EXERCISE BRIEF:
Lines in which "nodes" appears should be pulled from the data below.

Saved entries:
★ ★ ★

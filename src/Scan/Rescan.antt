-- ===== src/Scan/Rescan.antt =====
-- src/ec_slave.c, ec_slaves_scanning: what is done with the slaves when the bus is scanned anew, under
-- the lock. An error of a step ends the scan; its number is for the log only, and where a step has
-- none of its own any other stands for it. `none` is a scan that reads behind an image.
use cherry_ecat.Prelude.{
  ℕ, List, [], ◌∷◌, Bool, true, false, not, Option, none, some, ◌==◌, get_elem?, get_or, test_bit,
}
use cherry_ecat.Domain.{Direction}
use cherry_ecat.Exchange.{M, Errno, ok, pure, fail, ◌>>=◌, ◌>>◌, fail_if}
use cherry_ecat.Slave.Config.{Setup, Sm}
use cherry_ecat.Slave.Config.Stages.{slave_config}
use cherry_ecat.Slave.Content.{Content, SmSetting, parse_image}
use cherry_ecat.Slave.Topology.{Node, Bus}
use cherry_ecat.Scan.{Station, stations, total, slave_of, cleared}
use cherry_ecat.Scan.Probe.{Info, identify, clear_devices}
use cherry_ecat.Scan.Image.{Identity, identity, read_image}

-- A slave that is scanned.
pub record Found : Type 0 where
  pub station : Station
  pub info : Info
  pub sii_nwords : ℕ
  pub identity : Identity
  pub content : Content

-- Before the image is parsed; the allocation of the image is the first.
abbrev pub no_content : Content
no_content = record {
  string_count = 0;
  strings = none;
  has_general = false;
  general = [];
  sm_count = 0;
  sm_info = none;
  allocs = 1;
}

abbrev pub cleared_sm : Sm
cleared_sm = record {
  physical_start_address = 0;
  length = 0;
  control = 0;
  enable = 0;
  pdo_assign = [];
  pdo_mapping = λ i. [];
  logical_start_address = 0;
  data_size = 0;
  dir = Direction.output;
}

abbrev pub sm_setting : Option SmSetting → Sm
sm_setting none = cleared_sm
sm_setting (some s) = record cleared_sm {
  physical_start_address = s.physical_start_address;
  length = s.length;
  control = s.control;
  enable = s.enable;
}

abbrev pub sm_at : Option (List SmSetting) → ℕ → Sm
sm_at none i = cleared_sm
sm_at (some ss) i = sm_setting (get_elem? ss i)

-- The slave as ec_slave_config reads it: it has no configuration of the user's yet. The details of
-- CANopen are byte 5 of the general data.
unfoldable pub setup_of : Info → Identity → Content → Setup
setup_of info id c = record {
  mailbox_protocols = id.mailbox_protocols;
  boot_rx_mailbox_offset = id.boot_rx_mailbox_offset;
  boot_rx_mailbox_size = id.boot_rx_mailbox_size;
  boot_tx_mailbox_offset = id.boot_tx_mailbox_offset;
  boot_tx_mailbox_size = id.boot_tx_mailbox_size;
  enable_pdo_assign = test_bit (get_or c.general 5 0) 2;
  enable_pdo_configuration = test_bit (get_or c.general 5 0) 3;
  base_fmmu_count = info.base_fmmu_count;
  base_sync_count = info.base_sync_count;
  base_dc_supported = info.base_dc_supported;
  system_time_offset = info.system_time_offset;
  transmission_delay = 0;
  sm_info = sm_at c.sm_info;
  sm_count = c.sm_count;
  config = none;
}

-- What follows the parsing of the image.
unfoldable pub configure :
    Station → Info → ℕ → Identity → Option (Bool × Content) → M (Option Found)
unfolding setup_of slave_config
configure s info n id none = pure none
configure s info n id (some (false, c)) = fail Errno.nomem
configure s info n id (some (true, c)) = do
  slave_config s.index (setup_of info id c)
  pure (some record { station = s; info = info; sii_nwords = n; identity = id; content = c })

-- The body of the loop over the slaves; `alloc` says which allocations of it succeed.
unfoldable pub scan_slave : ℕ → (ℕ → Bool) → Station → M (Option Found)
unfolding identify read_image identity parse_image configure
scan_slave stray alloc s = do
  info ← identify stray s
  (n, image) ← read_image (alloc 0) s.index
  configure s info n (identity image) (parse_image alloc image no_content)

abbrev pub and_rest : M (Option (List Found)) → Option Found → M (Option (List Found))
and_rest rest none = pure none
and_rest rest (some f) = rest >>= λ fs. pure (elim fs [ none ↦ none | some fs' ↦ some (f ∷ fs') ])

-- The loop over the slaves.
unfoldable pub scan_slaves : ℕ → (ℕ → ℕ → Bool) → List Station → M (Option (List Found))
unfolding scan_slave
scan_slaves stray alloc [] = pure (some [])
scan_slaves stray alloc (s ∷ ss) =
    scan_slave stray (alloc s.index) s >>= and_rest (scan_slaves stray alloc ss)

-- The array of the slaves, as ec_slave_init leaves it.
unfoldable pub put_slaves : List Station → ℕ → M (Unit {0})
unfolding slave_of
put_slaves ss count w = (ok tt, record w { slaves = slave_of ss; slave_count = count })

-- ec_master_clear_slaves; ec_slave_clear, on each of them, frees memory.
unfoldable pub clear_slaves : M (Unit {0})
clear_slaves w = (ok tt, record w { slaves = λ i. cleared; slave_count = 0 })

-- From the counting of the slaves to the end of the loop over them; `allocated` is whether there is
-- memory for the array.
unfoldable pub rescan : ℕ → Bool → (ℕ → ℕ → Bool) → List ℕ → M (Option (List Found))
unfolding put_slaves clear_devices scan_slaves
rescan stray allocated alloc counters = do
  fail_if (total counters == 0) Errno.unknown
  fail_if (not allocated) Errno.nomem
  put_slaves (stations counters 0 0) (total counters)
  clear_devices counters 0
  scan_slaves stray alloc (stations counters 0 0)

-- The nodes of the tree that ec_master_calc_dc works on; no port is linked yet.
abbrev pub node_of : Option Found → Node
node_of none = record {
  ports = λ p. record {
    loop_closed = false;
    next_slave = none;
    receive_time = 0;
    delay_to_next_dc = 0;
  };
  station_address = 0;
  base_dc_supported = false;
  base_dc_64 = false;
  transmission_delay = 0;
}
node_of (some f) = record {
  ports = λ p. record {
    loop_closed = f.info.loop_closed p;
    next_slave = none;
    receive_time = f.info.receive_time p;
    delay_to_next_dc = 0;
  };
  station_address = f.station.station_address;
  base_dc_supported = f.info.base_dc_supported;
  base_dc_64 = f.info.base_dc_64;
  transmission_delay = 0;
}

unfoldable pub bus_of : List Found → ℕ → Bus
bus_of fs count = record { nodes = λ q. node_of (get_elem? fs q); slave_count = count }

★ ★ ★

SOLUTION FOR THIS EXERCISE:
-- The nodes of the tree that ec_master_calc_dc works on; no port is linked yet.
bus_of fs count = record { nodes = λ q. node_of (get_elem? fs q); slave_count = count }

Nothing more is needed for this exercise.